In Django, all permissions are handled by the inherent authentication and authorization system. By explicitly specifying the user roles of modeler and clinician and defining the corresponding role rights, it is possible to prevent modelers from performing CRUD operations on personal patient data and clinicians from altering tool parts and specifications. Furthermore, the schema of the relational databases can be updated by placing additional fields to store the creator of an object, where necessary. Therefore, when a user views the object information, the comparison of the creator and viewer identities will enable or disable the editability of the returned template. In the case of machine-to-machine communication, the HTTPS protocol is used for the IAPETUS URL system, through the use of Python’s Django-sslserver24 package. Finally, if the users access the infrastructure from devices using static IP address settings, then Django offers the option to allow access only to specific IP addresses.

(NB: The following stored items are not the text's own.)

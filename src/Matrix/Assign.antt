-- ===== src/Matrix/Assign.antt =====
-- Loops that assign to every cell of a square, and what they leave in each cell.
use dsalib.Core.{
  ℕ, ◌+◌, ◌-◌, ◌<◌, ◌≡◌, refl, ap, ◌∙◌, inl, inr, arith, ltb, ◌==◌, if◌then◌else◌, Bool-cases, ℤ,
}
use mathlib.Core.Path.{ap₂}
use native.Mathlib.Decide.{dec_lt}
use dsalib.Matrix.{Matrix, Outcome, value, entry, read, write, zeros, loop, ◌>>=◌}
use dsalib.Matrix.Loops.{for, for_by-congr, for_by-if, for-at_in}
use dsalib.Matrix.Cells.{HasShape, Acts, Acts-seq, read-value, write-Acts, range-Acts}

-- `for (i < rows) for (j < cols) m[i][j] = g(i, j)`
unfoldable pub assign_all : (rows cols : ℕ) → (ℕ → ℕ → Outcome ℤ) → Matrix → Outcome Matrix
assign_all rows cols g = loop 0 rows 1 (λ i. loop 0 cols 1 (λ j m. g i j >>= write m i j))

-- The square of side `k` of `a` whose first cell is in row `r0` and column `c0`, in a new matrix.
unfoldable pub quarter : Matrix → (r0 c0 k : ℕ) → Outcome Matrix
quarter a r0 c0 k = assign_all k k (λ i j. read a (i + r0) (j + c0)) (zeros k k)

-- `m[r][s] = c[i][j]`
unfoldable pub copy_cell : Matrix → (i j r s : ℕ) → Matrix → Outcome Matrix
copy_cell c i j r s m = read c i j >>= write m r s

-- The four assignments of one round of the loops that combine the quarters.
unfoldable pub store_four :
    (k : ℕ) → (c11 c12 c21 c22 : Matrix) → (i j : ℕ) → Matrix → Outcome Matrix
store_four k c11 c12 c21 c22 i j m = do
  m1 ← copy_cell c11 i j i j m
  m2 ← copy_cell c12 i j i (j + k) m1
  m3 ← copy_cell c21 i j (i + k) j m2
  copy_cell c22 i j (i + k) (j + k) m3

-- The loops that combine the quarters.
unfoldable pub combine : (k : ℕ) → (c11 c12 c21 c22 : Matrix) → Matrix → Outcome Matrix
combine k c11 c12 c21 c22 = loop 0 k 1 (λ i. loop 0 k 1 (λ j. store_four k c11 c12 c21 c22 i j))

-- Two loops of which one round changes the cell.
for-for-cell :
    (rows cols y z : ℕ) (body : ℕ → ℕ → ℤ → ℤ) (u : ℤ → ℤ) (v : ℤ)
    → y < rows
    → z < cols
    → ((i j : ℕ)
        → i < rows
        → j < cols
        → (t : ℤ) → body i j t ≡ (if i == y then (if j == z then u t else t) else t))
    → for 0 rows 1 (λ i. for 0 cols 1 (body i)) v ≡ u v
for-for-cell rows cols y z body u v p q h =
    for_by-congr (rows - 0) 0 rows 1 (λ i. for 0 cols 1 (body i)) (λ i t. if i == y then u t else t)
      v
      (λ i _ a t.
        for_by-congr (cols - 0) 0 cols 1 (body i)
          (λ j w. if i == y then (if j == z then u w else w) else w) t (λ j _ b w. h i j a b w)
        ∙ for_by-if (cols - 0) 0 cols 1 (i == y) (λ j w. if j == z then u w else w) t
        ∙ ap (λ (w : ℤ). if i == y then w else t) (for-at_in cols z u t q))
    ∙ for-at_in rows y u v p

-- Loops that compute every cell anew from its old value.
pub update_all-Acts :
    (rows cols : ℕ) (body : ℕ → ℕ → Matrix → Outcome Matrix) (g : ℕ → ℕ → ℤ → ℤ)
    → ((i j : ℕ)
        → i < rows
        → j < cols
        → (m : Matrix) → HasShape rows cols m
        → body i j m ≡ write m i j (g i j (entry m i j)))
    → Acts rows cols (loop 0 rows 1 (λ i. loop 0 cols 1 (body i))) g
update_all-Acts rows cols body g h =
    let nest = loop 0 rows 1 (λ i. loop 0 cols 1 (body i)) in
    let cell = λ (i' j' i j : ℕ) (v : ℤ). if i == i' then (if j == j' then g i j v else v) else v in
    let seen = range-Acts rows cols rows _ _ (λ i p.
      range-Acts rows cols cols _ _ (λ j q. write-Acts i j (body i j) (g i j) p q (h i j p q))) in
    record {
      after = seen.after;
      returns = seen.returns;
      keeps = seen.keeps;
      acts = λ m s i' j' a b.
          seen.acts m s i' j' a b
          ∙ for-for-cell rows cols i' j' (λ i j v. cell i' j' i j v) (g i' j') (entry m i' j') a b
              (λ i j _ _ t. elim (Bool-cases (i == i')) [
                | inr other ↦ rw other refl
                | inl same ↦ rw same (elim (Bool-cases (j == j')) [
                  | inr other_col ↦ rw other_col refl
                  | inl same_col ↦
                      let e : i ≡ i' = ground (arith, same) in
                      let f : j ≡ j' = ground (arith, same_col) in
                      rw same_col (ap₂ (λ (x y : ℕ). g x y t) e f)
                ])
              ]);
    }

pub assign_all-Acts :
    (rows cols : ℕ) (g : ℕ → ℕ → Outcome ℤ) (h : ℕ → ℕ → ℤ)
    → ((i j : ℕ) → i < rows → j < cols → g i j ≡ value (h i j))
    → Acts rows cols (assign_all rows cols g) (λ i j v. h i j)
unfolding assign_all
assign_all-Acts rows cols g h e =
    update_all-Acts rows cols (λ i j m. g i j >>= write m i j) (λ i j v. h i j)
      (λ i j p q m s. ap (λ o. o >>= write m i j) (e i j p q))

copy_cell-Acts :
    {k n : ℕ} {c : Matrix}
    → HasShape k k c
    → (i j r s : ℕ) → i < k
    → j < k
    → r < n
    → s < n
    → Acts n n
        (copy_cell c i j r s)
        (λ y z v. if r == y then (if s == z then entry c i j else v) else v)
unfolding copy_cell
copy_cell-Acts {c = c} t i j r s p q a b =
    write-Acts r s (copy_cell c i j r s) (λ v. entry c i j) a b
      (λ m u. ap (λ o. o >>= write m r s) (read-value t i j p q))

-- The cell of the quarter in which a cell of the whole lies.
abbrev pub combined : (k : ℕ) → (c11 c12 c21 c22 : Matrix) → ℕ → ℕ → ℤ
combined k c11 c12 c21 c22 i j =
    if ltb i k
    then (if ltb j k then entry c11 i j else entry c12 i (j - k))
    else if ltb j k
    then entry c21 (i - k) j
    else entry c22 (i - k) (j - k)

module _ {k : ℕ} {c11 c12 c21 c22 : Matrix} (s11 : HasShape k k c11) (s12 : HasShape k k c12)
    (s21 : HasShape k k c21) (s22 : HasShape k k c22) where
  -- What the four assignments do to one cell.
  abbrev four : (i' j' i j : ℕ) → ℤ → ℤ
  four i' j' i j v =
      let v1 = if i == i' then (if j == j' then entry c11 i j else v) else v in
      let v2 = if i == i' then (if (j + k) == j' then entry c12 i j else v1) else v1 in
      let v3 = if (i + k) == i' then (if j == j' then entry c21 i j else v2) else v2 in
      if (i + k) == i' then (if (j + k) == j' then entry c22 i j else v3) else v3

  store_four-Acts :
      (i j : ℕ)
      → i < k
      → j < k
      → Acts (k + k) (k + k) (store_four k c11 c12 c21 c22 i j) (λ i' j'. four i' j' i j)
  unfolding store_four
  store_four-Acts i j p q =
      Acts-seq _ _ _ _ (copy_cell-Acts s11 i j i j p q (omega arith) (omega arith)) (
        Acts-seq _ _ _ _ (copy_cell-Acts s12 i j i (j + k) p q (omega arith) (omega arith)) (
          Acts-seq _ _ _ _ (copy_cell-Acts s21 i j (i + k) j p q (omega arith) (omega arith))
            (copy_cell-Acts s22 i j (i + k) (j + k) p q (omega arith) (omega arith))))

  four-combined :
      (i' j' : ℕ) (v : ℤ)
      → i' < k + k
      → j' < k + k
      → for 0 k 1 (λ i. for 0 k 1 (λ j. four i' j' i j)) v ≡ combined k c11 c12 c21 c22 i' j'
  four-combined i' j' v a b = elim (dec_lt i' k) [
    | yes upper ↦ elim (dec_lt j' k) [
      | yes left ↦
          for-for-cell k k i' j' (λ i j. four i' j' i j) (λ _. entry c11 i' j') v upper left
            (λ i j p q t. ground arith)
          ∙ ground arith
      | no right ↦
          for-for-cell k k i' (j' - k) (λ i j. four i' j' i j) (λ _. entry c12 i' (j' - k)) v upper
            (omega arith) (λ i j p q t. ground arith)
          ∙ ground arith
    ]
    | no lower ↦ elim (dec_lt j' k) [
      | yes left ↦
          for-for-cell k k (i' - k) j' (λ i j. four i' j' i j) (λ _. entry c21 (i' - k) j') v
            (omega arith) left (λ i j p q t. ground arith)
          ∙ ground arith
      | no right ↦
          for-for-cell k k (i' - k) (j' - k) (λ i j. four i' j' i j)
            (λ _. entry c22 (i' - k) (j' - k)) v (omega arith) (omega arith)
            (λ i j p q t. ground arith)
          ∙ ground arith
    ]
  ]

  pub combine-Acts :
      Acts (k + k) (k + k) (combine k c11 c12 c21 c22) (λ i j v. combined k c11 c12 c21 c22 i j)
  unfolding combine
  combine-Acts =
      let nest =
        range-Acts (k + k) (k + k) k _ _
          (λ i p. range-Acts (k + k) (k + k) k _ _ (λ j q. store_four-Acts i j p q)) in
      record {
        after = nest.after;
        returns = nest.returns;
        keeps = nest.keeps;
        acts = λ m s i' j' a b. nest.acts m s i' j' a b ∙ four-combined i' j' (entry m i' j') a b;
      }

The breast cancer paradigm

This paradigm is based on another simulation model, the breast cancer Oncosimulator, which has been developed outside the scope of the MyHealthAvatar project. It aims to demonstrate the versatility of the infrastructure by highlighting the general principles that were used to create the infrastructure database schema along with the workflows developed for the two different kinds of users and how they can be used to accommodate any kind of tool.

Furthermore, the model is developed using MATLAB, a language which, in contrast to lower level programming languages, such as C++, is very tightly coupled to its own execution environment, which is the MATLAB Compiler Runtime (MCR).25 This arrangement helps in demonstrating the ability of the infrastructure to address the end user’s predicament of installing third-party software in their devices to access and use the tool and model repository contents. All stored tools reside in the same physical machine as the infrastructure. In addition, the same device is used for tool executions and result storage. Therefore, any and all software that is required for the tool executions should be installed only in the infrastructure deployment machine. This allows access to the infrastructure using devices such as smartphones and tablets, which have less computational power in comparison to personal computers and laptops and therefore are less probable to have highly specialized software such as MCR installed within them.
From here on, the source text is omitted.